Task description. Lines from the top of the listing down to the one with "pub data Page : Type 0 where", inclusive, are to be copied exactly.
*** Supplied data
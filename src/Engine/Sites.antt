-- ===== src/Engine/Sites.antt =====
-- native/engine/site_scraper.h and site_scraper.cpp: the scrapes of tracker web sites. Time is counted
-- in nanoseconds. A fetch that was posted to the pool is an entry of `fetches`; how it ends, and the
-- page that libcurl brought, is an event, in which the task that it posts to the engine loop runs.
-- The maps are lists of pairs. PCRE2 and the JSON library are parameters.
pub mod Encoding
pub mod Utf8
pub mod Html
pub mod Pages
pub mod Report
pub mod Steps
pub mod Slots
pub mod Lost
pub mod Rounds
pub mod Merged
mod Tests
use rats_search_tui.Base.{
  ℕ, suc, ◌-◌, ℤ, pos, ltb_ℤ, ◌-ℤ◌, Bool, true, false, not, ◌&&◌, ◌||◌, List, [], ◌∷◌, ◌++◌, Option,
  none, some, Text, codes, is_prefix, before_after, length, ltb, leb, pick, ◌==◌, find_key, put_key,
  erase_key, to_string, drop, if◌then◌else◌,
}
use rats_search_tui.Domain.Json.{JsonOps}
use rats_search_tui.Engine.Swarm.{elapsed_secs}
use Html.{Pcre2}
use Pages.{
  TrackerSiteInfo, nothing_on, rutracker, nyaa, parse_rutracker_html, parse_nyaa_search_html,
  parse_nyaa_view_html,
}
use Report.{folded}

pub data Page : Type 0 where
  rutracker_page : Page
  nyaa_search_page : Page
  nyaa_view_page : Page

pub record Fetch : Type 0 where
  pub page : Page
  pub hash : Text
  pub url : Text

pub record HttpResult : Type 0 where
  pub ok : Bool
  pub body : Text
  pub final_url : Text

pub record PendingRequest : Type 0 where
  pub info_hash : Text
  pub name : Text

pub record PendingScrape : Type 0 where
  pub name : Text
  pub pending_count : ℤ
  pub results : List TrackerSiteInfo

pub record Sites (J : Type 0) : Type 0 where
  pub stopping : Bool
  pub recent_checks : List (Text × ℕ)
  pub pending_scrapes : List (Text × PendingScrape)
  pub pending_queue : List PendingRequest
  pub active_requests : ℕ
  pub fetches : List Fetch
  pub scraped : List (Text × J)

abbrev pub cooldown_secs : ℕ
cooldown_secs = 3600

abbrev pub max_concurrent : ℕ
max_concurrent = 3

abbrev pub info_hash_hex_length : ℕ
info_hash_hex_length = 40

-- The text behind the first place where `sub` stands, if it does.
behind : Text → Text → Option Text
behind sub [] = none
behind sub (c ∷ s) =
    let later = behind sub s in
    if is_prefix sub (c ∷ s) then some (drop (length sub) (c ∷ s)) else later

unfoldable pub url_path_starts_with : Text → Text → Bool
unfolding behind
url_path_starts_with url prefix =
    let from_host = elim (behind (codes "://") url) as (λ _. Text) [ none ↦ url | some s ↦ s ] in
    elim (before_after b'/' from_host).1 [
      | none ↦ false
      | some path ↦ is_prefix prefix (b'/' ∷ path)
    ]

-- kStrategies, as the fetch that each begins with.
unfoldable pub strategies : Text → List Fetch
strategies hash =
    record {
      page = rutracker_page;
      hash = hash;
      url = codes "https://rutracker.org/forum/viewtopic.php?h=" ++ hash;
    }
    ∷ record { page = nyaa_search_page; hash = hash; url = codes "https://nyaa.si/?q=" ++ hash }
    ∷ []

abbrev pub is_cooling : ℕ → Option ℕ → Bool
is_cooling now none = false
is_cooling now (some t) = ltb (elapsed_secs now t) cooldown_secs

abbrev pub new_scrape : Text → Text → PendingScrape
new_scrape hash name = record {
  name = name;
  pending_count = pos (length (strategies hash));
  results = [];
}

module _ {J : Type 0} where
  unfoldable pub start_scrape : Text → Text → Sites J → Sites J
  start_scrape hash name s = record s {
    pending_scrapes = put_key hash (new_scrape hash name) s.pending_scrapes;
    fetches = s.fetches ++ strategies hash;
  }

  -- What scrape does for a hash that is not cooling down.
  unfoldable pub admit : ℕ → Text → Text → Sites J → Sites J
  admit now hash name s =
      let noted : Sites J = record s { recent_checks = put_key hash now s.recent_checks } in
      if leb max_concurrent noted.active_requests
      then record noted {
        pending_queue = noted.pending_queue ++ record { info_hash = hash; name = name } ∷ [];
      }
      else start_scrape hash name (record noted { active_requests = suc noted.active_requests })

  unfoldable pub scrape : ℕ → Text → Text → Sites J → Sites J
  scrape now hash name s =
      if s.stopping || not (length hash == info_hash_hex_length)
      then s
      else if is_cooling now (find_key hash s.recent_checks)
      then s
      else admit now hash name s

  -- The loop of processQueue.
  unfoldable pub drain : List PendingRequest → Sites J → Sites J
  drain [] s = record s { pending_queue = [] }
  drain (r ∷ queue) s =
      let rest =
        drain queue (
          start_scrape r.info_hash r.name (record s { active_requests = suc s.active_requests })) in
      if ltb s.active_requests max_concurrent then rest else record s { pending_queue = r ∷ queue }

  unfoldable pub process_queue : Sites J → Sites J
  process_queue s = if s.stopping then s else drain s.pending_queue s

  -- stop; a fetch that it aborts or drops ends in no event.
  unfoldable pub stop : Sites J → Sites J
  stop s = record s { stopping = true; pending_queue = [] }

  -- A hash is done: its slot is free again, and its report is made.
  unfoldable pub finish_scrape : Text → Bool × J → Sites J → Sites J
  finish_scrape hash (some_data, info) s =
      let freed : Sites J = record s {
        pending_scrapes = erase_key hash s.pending_scrapes;
        active_requests =
            if ltb 0 s.active_requests then s.active_requests - 1 else s.active_requests;
      } in
      let s' = process_queue freed in
      if some_data then record s' { scraped = s'.scraped ++ (hash, info) ∷ [] } else s'

unfoldable pub count_down : TrackerSiteInfo → PendingScrape → PendingScrape
count_down info p = record p {
  results = if info.success then p.results ++ info ∷ [] else p.results;
  pending_count = p.pending_count -ℤ pos 1;
}

-- What happens to a scraper.
pub data Event : Type 0 where
  scrapes : ℕ → Text → Text → Event
  ends : ℕ → HttpResult → Event
  stops : Event

module _ (json : JsonOps) where
  open json use {Json}

  unfoldable pub complete_with : Text → Option PendingScrape → Sites Json → Sites Json
  complete_with hash none s = s
  complete_with hash (some p) s =
      if ltb_ℤ (pos 0) p.pending_count then s else finish_scrape hash (folded json p.results) s

  unfoldable pub check_all_complete : Text → Sites Json → Sites Json
  check_all_complete hash s = complete_with hash (find_key hash s.pending_scrapes) s

  unfoldable pub report_to : Text → TrackerSiteInfo → Option PendingScrape → Sites Json → Sites Json
  report_to hash info none s = s
  report_to hash info (some p) s =
      check_all_complete hash
        (record s { pending_scrapes = put_key hash (count_down info p) s.pending_scrapes })

  unfoldable pub on_strategy_complete : Text → TrackerSiteInfo → Sites Json → Sites Json
  on_strategy_complete hash info s = report_to hash info (find_key hash s.pending_scrapes) s

  unfoldable pub scrape_nyaa_view_page : Text → Text → Sites Json → Sites Json
  scrape_nyaa_view_page hash view_url s =
      if s.stopping then on_strategy_complete hash (nothing_on nyaa) s else record s {
        fetches = s.fetches ++ record { page = nyaa_view_page; hash = hash; url = view_url } ∷ [];
      }

module _ (json : JsonOps) (pcre2 : Pcre2) where
  open json use {Json}

  -- The answer of the search on Nyaa.
  unfoldable pub nyaa_found : Text → HttpResult → Sites Json → Sites Json
  nyaa_found hash res s =
      let info = parse_nyaa_search_html pcre2 res.body in
      if not res.ok
      then on_strategy_complete json hash (nothing_on nyaa) s
      else if url_path_starts_with res.final_url (codes "/view/")
      then on_strategy_complete json hash (parse_nyaa_view_html pcre2 res.body) s
      else if info.success && ltb_ℤ (pos 0) info.thread_id
      then scrape_nyaa_view_page json hash
          (codes "https://nyaa.si/view/" ++ to_string info.thread_id) s
      else if info.success
      then on_strategy_complete json hash info s
      else on_strategy_complete json hash (nothing_on nyaa) s

  -- The task that the end of a fetch posts to the engine loop.
  unfoldable pub fetched : Page → Text → HttpResult → Sites Json → Sites Json
  fetched rutracker_page hash res s =
      on_strategy_complete json hash
        (if res.ok then parse_rutracker_html pcre2 res.body else nothing_on rutracker) s
  fetched nyaa_search_page hash res s = nyaa_found hash res s
  fetched nyaa_view_page hash res s =
      on_strategy_complete json hash
        (if res.ok then parse_nyaa_view_html pcre2 res.body else nothing_on nyaa) s

  unfoldable pub end_fetch : HttpResult → Option (Fetch × List Fetch) → Sites Json → Sites Json
  end_fetch res none s = s
  end_fetch res (some (f, rest)) s = fetched f.page f.hash res (record s { fetches = rest })

  unfoldable pub handle : Sites Json → Event → Sites Json
  handle s (scrapes now hash name) = scrape now hash name s
  handle s (ends i res) = end_fetch res (pick i s.fetches) s
  handle s stops = stop s

  unfoldable pub run : Sites Json → List Event → Sites Json
  run s [] = s
  run s (e ∷ es) = run (handle s e) es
******
Problem solution.
filename src/Engine/Sites.antt
-- ===== src/Engine/Sites.antt =====
-- native/engine/site_scraper.h and site_scraper.cpp: the scrapes of tracker web sites. Time is counted
-- in nanoseconds. A fetch that was posted to the pool is an entry of `fetches`; how it ends, and the
-- page that libcurl brought, is an event, in which the task that it posts to the engine loop runs.
-- The maps are lists of pairs. PCRE2 and the JSON library are parameters.
pub mod Encoding
pub mod Utf8
pub mod Html
pub mod Pages
pub mod Report
pub mod Steps
pub mod Slots
pub mod Lost
pub mod Rounds
pub mod Merged
mod Tests
use rats_search_tui.Base.{
  ℕ, suc, ◌-◌, ℤ, pos, ltb_ℤ, ◌-ℤ◌, Bool, true, false, not, ◌&&◌, ◌||◌, List, [], ◌∷◌, ◌++◌, Option,
  none, some, Text, codes, is_prefix, before_after, length, ltb, leb, pick, ◌==◌, find_key, put_key,
  erase_key, to_string, drop, if◌then◌else◌,
}
use rats_search_tui.Domain.Json.{JsonOps}
use rats_search_tui.Engine.Swarm.{elapsed_secs}
use Html.{Pcre2}
use Pages.{
  TrackerSiteInfo, nothing_on, rutracker, nyaa, parse_rutracker_html, parse_nyaa_search_html,
  parse_nyaa_view_html,
}
use Report.{folded}

pub data Page : Type 0 where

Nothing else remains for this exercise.